O Postal Saúde, dos funcionários dos Correios, era um dos maiores exemplos do que o governo considerava, à época, um abuso. A empresa pagava quase 94,4% do benefício até 2017, enquanto os empregados custeavam apenas 5,6% dos gastos. Não havia cobrança de mensalidade, e os empregados podiam incluir como dependentes até mesmo seus pais. Com esses benefícios, os Correios estimavam um déficit em seu balanço da ordem de R$ 3,92 bilhões – valor relacionado a despesas futuras para financiar o plano após a aposentadoria dos empregados.

Em 2018, as regras dos planos de saúde das estatais foram revistas. Entre as novas normas, ficou estabelecido que as empresas deveriam custear no máximo 50% dos gastos. Além disso, o custo com os planos foi limitado a 8% do custo da folha anual dos empregados. A inclusão dos dependentes foi limitada a cônjuges e filhos com até 24 anos – desde que estivesse cursando o ensino superior.

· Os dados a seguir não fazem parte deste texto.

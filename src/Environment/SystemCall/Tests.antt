-- ===== src/Environment/SystemCall/Tests.antt =====
-- Runs of the temperature program, and an example of its theorem.
use csel_workspace.Prelude.{◌≡◌, refl, true, false, none, some, [], ◌++◌, arith}
use csel_workspace.Prelude.Int.{negsuc}
use csel_workspace.Prelude.Text.{codes}
use csel_workspace.Prelude.Machine.{to_int}
use csel_workspace.Prelude.Decimal.{print_int, print_nat, atoi, is_digit}
use csel_workspace.Environment.SystemCall.{
  quot, rem, print_two, temperature, label, unit_text, line, main,
}
use csel_workspace.Environment.SystemCall.Degrees.{thermal_text, degrees, main_prints}

-- One and a half degrees below 0.
test_below_zero : degrees (negsuc 1499) ≡ codes "-1.-50"
unfolding print_int print_nat
test_below_zero = refl

test_warm :
    main true (some (codes "54321\n")) [] ≡ codes "current temperature: 54.32 degree Celcius\n"
unfolding main temperature line quot rem print_two print_int print_nat atoi is_digit to_int
test_warm = refl

-- A file with no number in it reads as 0.
test_no_number :
    main true (some (codes "hot")) [] ≡ codes "current temperature: 0.00 degree Celcius\n"
unfolding main temperature line quot rem print_two print_int print_nat atoi is_digit to_int
test_no_number = refl

main_prints_example :
    (main true (some (thermal_text (negsuc 1499))) []
      ≡ label ++ (degrees (negsuc 1499) ++ unit_text))
    × (main false none [] ≡ label ++ (codes "99.00" ++ unit_text))
    × (main true none [] ≡ label ++ (codes "99.00" ++ unit_text))
    × (main true (some []) [] ≡ label ++ (codes "99.00" ++ unit_text))
main_prints_example = main_prints (negsuc 1499) none [] (omega arith, omega arith)
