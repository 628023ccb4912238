-- ===== src/FanDaemon/Calls.antt =====
-- The system calls of the daemon that change something, and the messages of
-- src/07_miniproj/common/fan_socket.h.
use csel_workspace.Prelude.{ℕ, Bool, List}
use csel_workspace.Prelude.Int.{ℤ}

-- `fan_cmd_t`: a request carries any 32-bit number; these are the ones with a meaning.
abbrev pub cmd_get_mode : ℕ
cmd_get_mode = 0

abbrev pub cmd_set_mode : ℕ
cmd_set_mode = 1

abbrev pub cmd_get_frequency : ℕ
cmd_get_frequency = 2

abbrev pub cmd_set_frequency : ℕ
cmd_set_frequency = 3

abbrev pub cmd_get_temp : ℕ
cmd_get_temp = 4

-- `fan_request_t`
pub record Request : Type 0 where
  pub cmd : ℕ
  pub value : ℤ

-- `fan_response_t`
pub record Response : Type 0 where
  pub status : ℤ
  pub value : ℤ

-- What a registration in the epoll set points to: `data.ptr` in the source.
pub data Pointer : Type 0 where
  button_event : ℕ → Pointer
  timer_event : Pointer
  socket_event : Pointer
  client_event : ℕ → Pointer

-- One two-byte write to the screen: its mode byte and the byte that follows.
abbrev pub Message : Type 0
Message = ℕ × ℕ

pub data Call : Type 0 where
  write : ℤ → List ℕ → Call
  send : ℤ → Response → Call
  close : ℤ → Call
  epoll_add : ℤ → (oneshot : Bool) → Pointer → Call
  epoll_del : ℤ → Call
  i2c : List Message → Call
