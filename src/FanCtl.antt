-- ===== src/FanCtl.antt =====
-- src/07_miniproj/application/main.c: the command line client of the fan daemon.
pub mod EndToEnd
pub mod Laws
mod Tests
use csel_workspace.Prelude.{
  ℕ, Bool, true, false, ◌&&◌, ◌||◌, Option, none, some, List, [], ◌∷◌, ◌++◌, ◌==◌, if◌then◌else◌,
}
use csel_workspace.Prelude.Int.{ℤ, pos, minus, ltb_ℤ}
use csel_workspace.Prelude.Machine.{to_int}
use csel_workspace.Prelude.Decimal.{print_int, atoi}
use csel_workspace.Prelude.Text.{eq_text, codes}
use csel_workspace.FanDaemon.Calls.{
  Request, Response, cmd_get_mode, cmd_set_mode, cmd_get_frequency, cmd_set_frequency, cmd_get_temp,
}

-- How the program ends: with a message on stderr and status 1, with a fault, or with a line on
-- stdout and status 0.
pub data Outcome : Type 0 where
  usage unknown_command connect_failed fault : Outcome
  failed_with : ℤ → Outcome
  printed : List ℕ → Outcome

-- What the rest of the world does: whether `connect` succeeds, and what `recv` brings for a request;
-- without a response the zeros that the code starts with stay.
pub record Server : Type 0 where
  pub connects : Bool
  pub receives : Request → Option Response

abbrev pub get_mode : List ℕ
get_mode = codes "get-mode"

abbrev pub set_mode : List ℕ
set_mode = codes "set-mode"

abbrev pub get_freq : List ℕ
get_freq = codes "get-freq"

abbrev pub set_freq : List ℕ
set_freq = codes "set-freq"

abbrev pub get_temp : List ℕ
get_temp = codes "get-temp"

-- `send_command`; `none` is the exit of a failed `connect_to_daemon`.
unfoldable pub send_command : Server → ℕ → ℤ → Option Response
send_command server cmd value =
    let zeros : Response = record { status = pos 0; value = pos 0 } in
    let answer = server.receives (record { cmd = cmd; value = value }) in
    if server.connects then some (elim answer [ none ↦ zeros | some r ↦ r ]) else none

-- The end of `main`.
unfoldable pub report : Option Response → Outcome
report none = connect_failed
report (some resp) =
    if ltb_ℤ resp.status (pos 0)
    then failed_with resp.status
    else printed (print_int resp.value ++ (10 ∷ []))

-- A command that takes a value: `atoi` of a missing argument reads through the NULL that ends `argv`.
unfoldable pub with_value : Server → ℕ → List (List ℕ) → Outcome
with_value server cmd [] = fault
with_value server cmd (arg ∷ args) = report (send_command server cmd (to_int (atoi arg)))

-- `main`, given `argv`.
unfoldable pub main : Server → List (List ℕ) → Outcome
main server [] = usage
main server (name ∷ []) = usage
main server (name ∷ (command ∷ args)) =
    if eq_text command get_mode
    then report (send_command server cmd_get_mode (pos 0))
    else if eq_text command set_mode
    then with_value server cmd_set_mode args
    else if eq_text command get_freq
    then report (send_command server cmd_get_frequency (pos 0))
    else if eq_text command set_freq
    then with_value server cmd_set_frequency args
    else if eq_text command get_temp
    then report (send_command server cmd_get_temp (pos 0))
    else unknown_command
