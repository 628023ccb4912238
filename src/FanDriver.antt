-- ===== src/FanDriver.antt =====
-- src/07_miniproj/fan_driver/skeleton.c: the kernel driver that blinks the fan's GPIO at a frequency
-- taken from the CPU temperature, or written through sysfs in manual mode.
-- Kernel functions are not modelled: a handler is given what they return, and lists its calls.
pub mod Frequency
pub mod Probe
pub mod System
pub mod Safety
pub mod Stopped
pub mod Store
pub mod Sysfs
mod Tests
use Prim.Native.Nat.{bit_xor}
use csel_workspace.Prelude.{
  ℕ, ◌+◌, ◌*◌, ◌/◌, ◌%◌, ◌^◌, Bool, true, false, Option, none, some, List, [], ◌∷◌, ◌==◌, ltb,
  if◌then◌else◌,
}
use csel_workspace.Prelude.Int.{ℤ, pos, minus, ltb_ℤ}
use csel_workspace.Prelude.Errno.{eperm, einval}

-- `struct fan_ctrl`, less the kernel's own objects (zone, timer, device, lock).
pub record FanCtrl : Type 0 where
  pub gpio_pin : ℤ
  pub gpio_state : ℕ
  pub manual_mode : Bool
  pub frequency : ℕ  -- u32

-- The calls that change something outside the driver. `gpio_request` keeps what was returned, and
-- `mod_timer` the milliseconds handed to `msecs_to_jiffies`.
pub data Call : Type 0 where
  gpio_request : ℤ → ℤ → Call
  gpio_direction_output : ℤ → ℕ → Call
  gpio_set_value : ℤ → ℕ → Call
  gpio_free : ℤ → Call
  timer_setup : Call
  mod_timer : ℕ → Call
  del_timer_sync : Call

-- What `thermal_zone_get_temp` answers: an error number, or millidegrees.
pub data Thermal : Type 0 where
  failed : ℕ → Thermal
  reading : ℤ → Thermal

-- The lookup table, its tests in the order of the source.
unfoldable pub temp_to_freq : ℤ → ℕ
temp_to_freq temp_mc =
    if ltb_ℤ temp_mc (pos 35000)
    then 2
    else if ltb_ℤ (pos 40000) temp_mc
    then 5
    else if ltb_ℤ temp_mc (pos 45000)
    then 10
    else 20

-- `1000 / (2 * freq)` in u32; `none` is a division by zero.
unfoldable pub period_ms : ℕ → Option ℕ
period_ms freq = let d = (2 * freq) % 2 ^ 32 in if d == 0 then none else some (1000 / d)

-- `mod_timer(jiffies + msecs_to_jiffies(period))` behind the calls already made.
unfoldable pub rearm : FanCtrl → Call → ℕ → Option (FanCtrl × List Call)
unfolding period_ms
rearm fc done freq = elim (period_ms freq) [
  | none ↦ none
  | some p ↦ some (fc, done ∷ mod_timer p ∷ [])
]

-- The part of the callback that samples the temperature in automatic mode.
unfoldable pub sample : FanCtrl → Thermal → FanCtrl
unfolding temp_to_freq
sample fc (failed e) = fc
sample fc (reading t) = if fc.manual_mode then fc else record fc { frequency = temp_to_freq t }

-- The part of the callback that drives the pin: off for good at frequency 0, else toggled.
unfoldable pub drive : FanCtrl → Option (FanCtrl × List Call)
unfolding rearm
drive fc =
    if fc.frequency == 0
    then some (record fc { gpio_state = 0 }, gpio_set_value fc.gpio_pin 0 ∷ [])
    else let s = bit_xor fc.gpio_state 1 in
      rearm (record fc { gpio_state = s }) (gpio_set_value fc.gpio_pin s) fc.frequency

-- `fan_toggle_timer`; `none` is the fault of `period_ms`.
unfoldable pub fan_toggle_timer : FanCtrl → Thermal → Option (FanCtrl × List Call)
unfolding sample drive
fan_toggle_timer fc th = drive (sample fc th)

-- `manual_mode_store`, given what `kstrtobool` makes of the text.
unfoldable pub manual_mode_store : FanCtrl → Option Bool → ℕ → FanCtrl × ℤ
manual_mode_store fc none count = (fc, minus einval)
manual_mode_store fc (some val) count = (record fc { manual_mode = val }, pos count)

-- The end of `frequency_store`, after the lock is dropped.
unfoldable pub apply_frequency : FanCtrl → Option (FanCtrl × List Call)
apply_frequency fc =
    if fc.frequency == 0
    then some (record fc { gpio_state = 0 }, gpio_set_value fc.gpio_pin 0 ∷ [])
    else elim (period_ms fc.frequency) [ none ↦ none | some p ↦ some (fc, mod_timer p ∷ []) ]

with_count : ℕ → Option (FanCtrl × List Call) → Option (FanCtrl × List Call × ℤ)
with_count count none = none
with_count count (some (fc, calls)) = some (fc, calls, pos count)

-- `frequency_store`, given what `kstrtou32` makes of the text.
unfoldable pub frequency_store : FanCtrl → Option ℕ → ℕ → Option (FanCtrl × List Call × ℤ)
unfolding apply_frequency with_count period_ms
frequency_store fc none count = some (fc, [], minus einval)
frequency_store fc (some val) count =
    if fc.manual_mode
    then with_count count (apply_frequency (record fc { frequency = val }))
    else some (fc, [], minus eperm)

-- `fan_ctrl_remove`.
unfoldable pub fan_ctrl_remove : FanCtrl → List Call × ℤ
fan_ctrl_remove fc =
    (del_timer_sync ∷ gpio_set_value fc.gpio_pin 0 ∷ gpio_free fc.gpio_pin ∷ [], pos 0)
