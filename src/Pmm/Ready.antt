-- ===== src/Pmm/Ready.antt =====
-- pmm_init of mem/pmm.c ends, and establishes the invariant.
use native.Mathlib.Nat.{le_refl}
use coffee_os_aurora_refresh.Base.{
  ℕ, zero, suc, ◌+◌, ◌-◌, ◌*◌, ◌≤◌, ◌<◌, ◌≡◌, ◌==◌, refl, arith, ltb, u32, if◌then◌else◌, if_intro,
  ◌&&◌, some, Bool-cases, ltb→lt, le→ltb, subst, inl, inr,
}
use coffee_os_aurora_refresh.Base.Bits.{test_bit}
use coffee_os_aurora_refresh.Pmm.Bitmap.{max_pages, bitmap_test_ones}
use coffee_os_aurora_refresh.Pmm.State.{Pmm, four_gib, pages_from_end_u64, mark_region_free}
use coffee_os_aurora_refresh.Pmm.Count.{recount_used_pages_lem}
use coffee_os_aurora_refresh.Pmm.Invariant.{Inv}
use coffee_os_aurora_refresh.Pmm.Init.{
  MultibootInfo, MmapEntry, MapScan, all_used, scan_entry, scan_map, fall_back, settle,
}
use coffee_os_aurora_refresh.Pmm.Boot.{
  Scanning, free-Scanning, Scanning-mono, cut_end, region_within, Scanned, pages_from_end_u64-le,
  scan_entry-Scanned,
}

-- What the code relies on in a memory map that ends at `last`: no region runs over 2^64, and no
-- entry's size takes the cursor over 2^32.
pub record SaneMap (entry_at : ℕ → MmapEntry) (last : ℕ) : Type 0 where
  pub no_wrap : (a : ℕ) → (entry_at a).addr + (entry_at a).len < 18446744073709551616
  pub advances : (a : ℕ) → a < last → a + (entry_at a).size + 4 < 4294967296

-- The start of the loop: everything is in use.
pub all_used-Scanning :
    (a l : ℕ) → Scanning 0 (record all_used { memmap_addr_saved = a; memmap_length_saved = l })
unfolding all_used
all_used-Scanning a l = record {
  total = refl;
  hint = refl;
  unread = λ q h k. bitmap_test_ones q;
  no_refs = λ q. refl;
}

available-scan_entry :
    (st : MapScan) (e : MmapEntry) → (scan_entry st e).available ≤ st.available + 1
unfolding scan_entry
available-scan_entry st e = ground arith

pub scan_map-Scanned :
    (entry_at : ℕ → MmapEntry) (last : ℕ)
    → SaneMap entry_at last
    → (fuel current : ℕ) (st r : MapScan) → st.available + fuel < 4294967296
    → Scanned st
    → scan_map entry_at fuel current last st ≡ some r
    → Scanned r
unfolding scan_map
scan_map-Scanned entry_at last sane zero current st r h v e = cc
scan_map-Scanned entry_at last sane (suc fuel) current st r h v e =
    elim (Bool-cases (ltb current last)) [
      | inl more ↦
          scan_map-Scanned entry_at last sane fuel _ (scan_entry st (entry_at current)) r
            (omega (arith, available-scan_entry st (entry_at current)))
            (scan_entry-Scanned st (entry_at current) v (omega arith) (sane.no_wrap current))
            (rw more at e)
      | inr done ↦
          let stopped : some st ≡ some r = rw done at e in
          let same : st ≡ r = cc in subst Scanned same v
    ]

-- Enough fuel: every round takes the cursor at least four bytes further.
pub scan_map_total :
    (entry_at : ℕ → MmapEntry) (last : ℕ)
    → SaneMap entry_at last
    → (fuel current : ℕ) (st : MapScan) → last ≤ current + 4 * fuel
    → last < 4294967296
    → (r : MapScan) × (scan_map entry_at (suc fuel) current last st ≡ some r)
unfolding scan_map
scan_map_total entry_at last sane zero current st h k =
    (st, rw (le→ltb current last (omega arith)) refl)
scan_map_total entry_at last sane (suc fuel) current st h k = elim (Bool-cases (ltb current last)) [
  | inl more ↦ rw more (
      scan_map_total entry_at last sane fuel _ _
        (omega (arith, sane.advances current, ltb→lt current last more)) k)
  | inr done ↦ (st, rw done refl)
]

pages_from_end_u64_mono : (a b : ℕ) → a ≤ b → pages_from_end_u64 a ≤ pages_from_end_u64 b
unfolding pages_from_end_u64
pages_from_end_u64_mono a b h = ground arith

pages_from_end_u64-cut :
    (a : ℕ) → pages_from_end_u64 (if ltb four_gib a then four_gib else a) ≡ pages_from_end_u64 a
unfolding pages_from_end_u64
pages_from_end_u64-cut a = ground arith

-- One region freed, below the page count of any end at or above its own.
free_below :
    (s : Pmm) (d addr len region_len : ℕ)
    → addr < four_gib
    → 0 < len
    → region_len ≡ u32 (cut_end addr len - addr)
    → pages_from_end_u64 (addr + len) ≤ d
    → Scanning d s
    → Scanning d (mark_region_free s addr region_len)
free_below s d addr len region_len h k e l v =
    free-Scanning d s addr region_len
      (λ n. omega (arith, region_within addr len region_len h k (ground arith) n)) v

pub fall_back-Scanning :
    (st : MapScan) (mbi : MultibootInfo)
    → Scanned st
    → Scanning (fall_back st mbi).detected (fall_back st mbi).pmm
      × ((fall_back st mbi).detected ≤ max_pages)
unfolding fall_back
fall_back-Scanning st mbi v =
    if_intro Kept (st.available == 0 && test_bit mbi.flags 0 == 1) _ _
      (λ t.
        let u : Scanning 0 st.pmm = v.untouched (ground arith) in
        if_intro Kept (high == 0) _ _ (λ _. (low_freed u _ (le_refl _), pages_from_end_u64-le _))
          λ h. (
            free_below _ _ 0x100000 high _ (omega arith) (ground arith) refl above
                (low_freed u _ (pages_from_end_u64_mono _ _ (ground arith))),
            pages_from_end_u64-le _,
          ))
      λ _. (v.scanning, v.bounded)
  where
    Kept : MapScan → Type 0
    Kept r = Scanning r.detected r.pmm × (r.detected ≤ max_pages)

    low : ℕ
    low = mbi.mem_lower * 1024

    high : ℕ
    high = mbi.mem_upper * 1024

    low_freed :
        Scanning 0 st.pmm
        → (d : ℕ) → pages_from_end_u64 low ≤ d
        → Scanning d (
            if low == 0
            then st.pmm
            else mark_region_free st.pmm 0 (u32 (if ltb four_gib low then four_gib else low)))
    low_freed u d h =
        if_intro (Scanning d) (low == 0) _ _ (λ _. Scanning-mono 0 d st.pmm (omega arith) u)
          λ n.
            free_below st.pmm d 0 low _ (omega arith) (ground arith) (ground arith) (ground arith)
              (Scanning-mono 0 d st.pmm (omega arith) u)

    above :
        pages_from_end_u64 (0x100000 + high)
        ≤ pages_from_end_u64
            (if ltb low (cut_end 0x100000 high) then cut_end 0x100000 high else low)
    above = ground (
      arith,
      pages_from_end_u64-cut (0x100000 + high),
      pages_from_end_u64_mono (cut_end 0x100000 high)
          (if ltb low (cut_end 0x100000 high) then cut_end 0x100000 high else low),
    )

pub settle-Inv :
    (st : MapScan) → Scanning st.detected st.pmm → st.detected ≤ max_pages → Inv (settle st)
unfolding settle
settle-Inv st v h = record {
  total_max = ground arith;
  outside = λ q k l. v.unread q (ground arith) l;
  hint_total = omega (arith, v.hint);
  below_hint = λ q k. absurd (omega (arith, v.hint));
  counted = recount_used_pages_lem (st.pmm).bitmap _ (ground arith);
  unreferenced = λ q k. v.no_refs q;
  ref_max = λ q. omega (arith, v.no_refs q);
}
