-- ===== src/Pmm/Booted.antt =====
-- What holds when pmm_init of mem/pmm.c returns.
use coffee_os_aurora_refresh.Base.{
  ℕ, suc, ◌+◌, ◌/◌, ◌<◌, ◌≡◌, ◌==◌, refl, arith, u32, some, Bool-cases, inl, inr,
}
use coffee_os_aurora_refresh.Base.Bits.{test_bit}
use coffee_os_aurora_refresh.Pmm.Bitmap.{bitmap_test}
use coffee_os_aurora_refresh.Pmm.State.{Pmm}
use coffee_os_aurora_refresh.Pmm.Invariant.{Inv}
use coffee_os_aurora_refresh.Pmm.Reserved.{Reserved}
use coffee_os_aurora_refresh.Pmm.Init.{
  MultibootInfo, BootMemory, MapScan, all_used, scan_map, fall_back, settle, reserve_kernel,
  reserve_boot, scan_boot_map, pmm_init,
}
use coffee_os_aurora_refresh.Pmm.Boot.{Scanned}
use coffee_os_aurora_refresh.Pmm.Reserve.{
  Unshared, mark_region_used-Unshared, mark_region_used-bit, reserve_boot_keeps, KernelPage,
  reserve_kernel-Unshared, reserve_kernel-bit,
}
use coffee_os_aurora_refresh.Pmm.Ready.{
  SaneMap, all_used-Scanning, scan_map-Scanned, scan_map_total, fall_back-Scanning, settle-Inv,
}

scan_boot_map_total :
    (mem : BootMemory) (mbi : MultibootInfo)
    → SaneMap mem.entry_at (u32 (mbi.mmap_addr + mbi.mmap_length))
    → mbi.mmap_length < 4294967296
    → (st : MapScan) × (scan_boot_map (mbi.mmap_length / 4 + 2) mem mbi ≡ some st) × Scanned st
unfolding scan_boot_map all_used
scan_boot_map_total mem mbi sane h = elim (Bool-cases (test_bit mbi.flags 6 == 1)) [
  | inl map_given ↦ rw (map_given, fuel) (scanned.0, scanned.1, from_map)
  | inr nothing ↦ rw nothing (fresh, refl, untouched 0 0)
]
  where
    fuel : mbi.mmap_length / 4 + 2 ≡ suc (mbi.mmap_length / 4 + 1)
    fuel = omega arith

    start : ℕ → ℕ → MapScan
    start a l = record {
      pmm = record all_used { memmap_addr_saved = a; memmap_length_saved = l };
      detected = 0;
      available = 0;
    }

    fresh : MapScan
    fresh = record { pmm = all_used; detected = 0; available = 0 }

    untouched : (a l : ℕ) → Scanned (start a l)
    untouched a l = record {
      scanning = all_used-Scanning a l;
      bounded = omega arith;
      untouched = λ _. all_used-Scanning a l;
    }

    scanned :
        (st : MapScan) × (scan_map mem.entry_at
            (suc (mbi.mmap_length / 4 + 1))
            mbi.mmap_addr
            (u32 (mbi.mmap_addr + mbi.mmap_length))
            (start mbi.mmap_addr mbi.mmap_length)
          ≡ some st)
    scanned =
        scan_map_total mem.entry_at _ sane (mbi.mmap_length / 4 + 1) mbi.mmap_addr _ (omega arith)
          (omega arith)

    from_map : Scanned scanned.0
    from_map =
        scan_map-Scanned mem.entry_at _ sane _ _ (start mbi.mmap_addr mbi.mmap_length) scanned.0
          (omega arith) (untouched mbi.mmap_addr mbi.mmap_length) scanned.1

refcount-settle : (st : MapScan) → (settle st).refcount ≡ (st.pmm).refcount
unfolding settle
refcount-settle st = refl

-- What the rest of pmm_init makes of a scanned map.
finish_boot :
    (mem : BootMemory) (mbi : MultibootInfo) (st : MapScan)
    → Scanned st
    → let s = reserve_boot mem mbi (reserve_kernel mem (settle (fall_back st mbi))) in
      Inv s
      × ((q : ℕ) → s.refcount q ≡ 0)
      × ((q : ℕ) → q < s.total_pages → KernelPage mem q → Reserved s q)
finish_boot mem mbi st v = (
  done.inv,
  done.no_refs,
  λ q h k. record {
    managed = h;
    in_use =
        reserve_boot_keeps (λ t. bitmap_test t.bitmap q ≡ 1) (mark_region_used-bit q) mem mbi _
          (reserve_kernel-bit mem q settled (rw (done.total) at h) ready k);
    refs = done.no_refs q;
  },
)
  where
    settled : Pmm
    settled = settle (fall_back st mbi)

    ready : Unshared settled.total_pages settled
    ready =
        let kept = fall_back-Scanning st mbi v in
        record {
          inv = settle-Inv (fall_back st mbi) kept.0 kept.1;
          total = refl;
          no_refs = λ q. rw (refcount-settle (fall_back st mbi)) (kept.0.no_refs q);
        }

    done : Unshared settled.total_pages (reserve_boot mem mbi (reserve_kernel mem settled))
    done =
        reserve_boot_keeps (Unshared settled.total_pages)
          (λ s base len. mark_region_used-Unshared settled.total_pages s base len) mem mbi _
          (reserve_kernel-Unshared mem settled.total_pages settled ready)

-- pmm_init ends, on any map whose entries neither run over 2^64 nor wrap the cursor, with fuel for
-- one round in four bytes of the map. It leaves the invariant and no reference, and reserves every
-- managed page of the first megabyte and of the kernel image.
pub pmm_init_total :
    (mem : BootMemory) (mbi : MultibootInfo)
    → SaneMap mem.entry_at (u32 (mbi.mmap_addr + mbi.mmap_length))
    → mbi.mmap_length < 4294967296
    → (s : Pmm) × (pmm_init (mbi.mmap_length / 4 + 2) mem mbi ≡ some s)
      × Inv s
      × ((q : ℕ) → s.refcount q ≡ 0)
      × ((q : ℕ) → q < s.total_pages → KernelPage mem q → Reserved s q)
unfolding pmm_init
pmm_init_total mem mbi sane h =
    let (st, e, v) = scan_boot_map_total mem mbi sane h in
    let (inv, refs, kernel) = finish_boot mem mbi st v in
    (
      reserve_boot mem mbi (reserve_kernel mem (settle (fall_back st mbi))),
      rw (e, pmm_init) refl,
      inv,
      refs,
      kernel,
    )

Com as mudanças, o passivo atuarial dos Correios com planos de saúde, que chegou a ser de R$ 5,92 bilhões em 2015, foi reduzido a R$ 3,92 bilhões, em 2018, e a R$ 270 milhões, em 2020.

Erika Kokay disse que o texto restabelece a capacidade de negociação entre empregados e estatais. “Os planos de saúde não podem ser açoitados, como agora estão sendo açoitados os empregados e empregadas, os servidores e servidoras que têm planos de autogestão.”

Apoio maciço

A sessão na Câmara que derrubou o limite de gastos com planos de saúde durou 16 minutos. A maioria dos partidos da base do governo (PL, PP, PSD, Republicanos, PROS, PTB, Avante, Patriota e PSC) orientou seus deputados a votarem a favor do projeto de autoria da oposição – que o apoiou em peso (PT, PSB, PDT, PSOL, PCdoB e Rede). PSDB, MDB, DEM, Podemos e Cidadania também recomendaram o “sim”. Só o Novo se manifestou contra o texto.

Já o PSL, que tem vários deputados bolsonaristas entre seus membros, liberou a bancada para votar como quisesse – enquanto Bia Kicis (DF) e Carlos Jordy (RJ) apoiaram o texto, Carla Zambelli (SP) e Eduardo Bolsonaro (SP) votaram “não”. Solidariedade e PV não orientaram. O governo orientou o voto “não”, mas foi praticamente ignorado.